-- ===== src/BdkExt/Chain.antt =====
-- examples/bdk_mempool/src/async_ext.rs: `update_local_chain`. `CheckPoint` of `bdk_chain` is a
-- parameter, and so is the client of the REST server. Heights are `u32`.
pub mod Blocks
pub mod Update
mod Tests
use mwck_rs.Prelude.{
  ℕ, ◌+◌, ◌-◌, ◌%◌, ◌^◌, Bool, true, false, Option, none, some, List, [], ◌∷◌, ltb, leb, ◌==◌,
  if◌then◌else◌,
}
use mwck_rs.HashMap.{Map, lookup}
use mwck_rs.Api.{Result, ok, err}
use mwck_rs.BdkExt.SortedMap.{put, collect_map, collect_set, split_off}

-- `BlockId`; a block hash is a number.
pub record BlockId : Type 0 where
  pub height : ℕ
  pub hash : ℕ

-- The calls of `CheckPoint`: `iter` goes from a checkpoint down, `push` fails with none.
pub record CheckPoints (C : Type 0) : Type 0 where
  pub block_id : C → BlockId
  pub iter : C → List C
  pub make : BlockId → C
  pub push : C → BlockId → Option C

-- The calls of the client. `get_blocks` is taken by the hashes of what it returns.
pub record BlockClient (E : Type 0) : Type 0 where
  pub get_height : Result E ℕ
  pub get_blocks : ℕ → Result E (List ℕ)
  pub get_block_hash : ℕ → Result E ℕ

abbrev pub assume_final_depth : ℕ
assume_final_depth = 15

-- `(0..=height).rev().zip(hashes)`
unfoldable pub zip_down : ℕ → List ℕ → List (ℕ × ℕ)
zip_down height [] = []
zip_down height (hash ∷ hashes) =
    let rest = zip_down (height - 1) hashes in (height, hash) ∷ (if height == 0 then [] else rest)

-- The loop over `request_heights`.
unfoldable pub fetch_heights : {E : Type 0} → BlockClient E → ℕ → List ℕ → Map ℕ → Result E (Map ℕ)
fetch_heights client tip [] m = ok m
fetch_heights client tip (height ∷ heights) m =
    let skipped = fetch_heights client tip heights m in
    if ltb tip height then skipped else elim (lookup height m) [
      | some hash ↦ skipped
      | none ↦ elim (client.get_block_hash height) [
        | err e ↦ err e
        | ok hash ↦ fetch_heights client tip heights (put height hash m)
      ]
    ]

-- `updated_hash`, and the map with its entry.
unfoldable pub updated_hash :
    {E : Type 0} → BlockClient E → ℕ → BlockId → Map ℕ → Result E (ℕ × Map ℕ)
updated_hash client tip_height block m = elim (lookup block.height m) [
  | some hash ↦ ok (hash, m)
  | none ↦
      if leb assume_final_depth ((tip_height + 2 ^ 32 - block.height) % 2 ^ 32)
      then ok (block.hash, put block.height block.hash m)
      else elim (client.get_block_hash block.height) [
        | err e ↦ err e
        | ok hash ↦ ok (hash, put block.height hash m)
      ]
]

-- `keys().next()`
abbrev pub first_key : Map ℕ → Option ℕ
first_key [] = none
first_key ((k, v) ∷ m) = some k

module _ {C E : Type 0} (points : CheckPoints C) (client : BlockClient E) where
  -- The loop over the local checkpoints: the map, and `earliest_agreement_cp`; `none` is a panic.
  unfoldable pub find_agreement :
      ℕ → List C → Map ℕ → Option C → Option (Result E (Map ℕ × Option C))
  find_agreement tip_height [] m agreed = some (ok (m, agreed))
  find_agreement tip_height (cp ∷ cps) m agreed =
      elim (updated_hash client tip_height (points.block_id cp) m) [
        | err e ↦ some (err e)
        | ok (hash, m') ↦
            if (points.block_id cp).hash == hash
            then elim (first_key m') [
              | none ↦ none
              | some first_new_height ↦
                  if leb (points.block_id cp).height first_new_height
                  then some (ok (m', some cp))
                  else find_agreement tip_height cps m' (some cp)
            ]
            else find_agreement tip_height cps m' agreed
      ]

  -- `earliest_agreement_cp`, where there may be no local tip.
  unfoldable pub earliest_agreement : Option C → Map ℕ → Option (Result E (Map ℕ × Option C))
  earliest_agreement none m = some (ok (m, none))
  earliest_agreement (some local_tip) m =
      find_agreement (points.block_id local_tip).height (points.iter local_tip) m none

  unfoldable pub first_cp : Map ℕ → Option C → Option C
  first_cp m (some cp) = some cp
  first_cp [] none = none
  first_cp ((height, hash) ∷ m) none = some (points.make (record { height = height; hash = hash }))

  -- The `fold` of the pushes.
  unfoldable pub extend : C → Map ℕ → Option C
  extend cp [] = some cp
  extend cp ((height, hash) ∷ m) = elim (points.push cp (record { height = height; hash = hash })) [
    | none ↦ none
    | some cp' ↦ extend cp' m
  ]

  unfoldable pub extend_first : Option C → Map ℕ → Option C
  extend_first none m = none
  extend_first (some cp) m = extend cp (split_off (((points.block_id cp).height + 1) % 2 ^ 32) m)

  -- What follows the fetches: the tip of the update.
  unfoldable pub build_tip : Option (Result E (Map ℕ × Option C)) → Option (Result E C)
  build_tip none = none
  build_tip (some (err e)) = some (err e)
  build_tip (some (ok (m, agreed))) = elim (extend_first (first_cp m agreed) m) [
    | none ↦ none
    | some tip ↦ some (ok tip)
  ]

  unfoldable pub after_heights : Option C → Result E (Map ℕ) → Option (Result E C)
  after_heights local_tip (err e) = some (err e)
  after_heights local_tip (ok m) = build_tip (earliest_agreement local_tip m)

  unfoldable pub after_blocks : Option C → List ℕ → ℕ → Result E (List ℕ) → Option (Result E C)
  after_blocks local_tip request_heights tip (err e) = some (err e)
  after_blocks local_tip request_heights tip (ok hashes) = after_heights local_tip (
      fetch_heights client tip (collect_set request_heights [])
        (collect_map (zip_down tip hashes) []))

  unfoldable pub after_height : Option C → List ℕ → Result E ℕ → Option (Result E C)
  after_height local_tip request_heights (err e) = some (err e)
  after_height local_tip request_heights (ok tip) =
      after_blocks local_tip request_heights tip (client.get_blocks tip)

  -- The tip of the update; `none` is a panic.
  unfoldable pub update_local_chain : Option C → List ℕ → Option (Result E C)
  update_local_chain local_tip request_heights =
      after_height local_tip request_heights client.get_height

_____

_To do_
On how many lines above does "skipped" occur? Say the number only.

_Your response_
3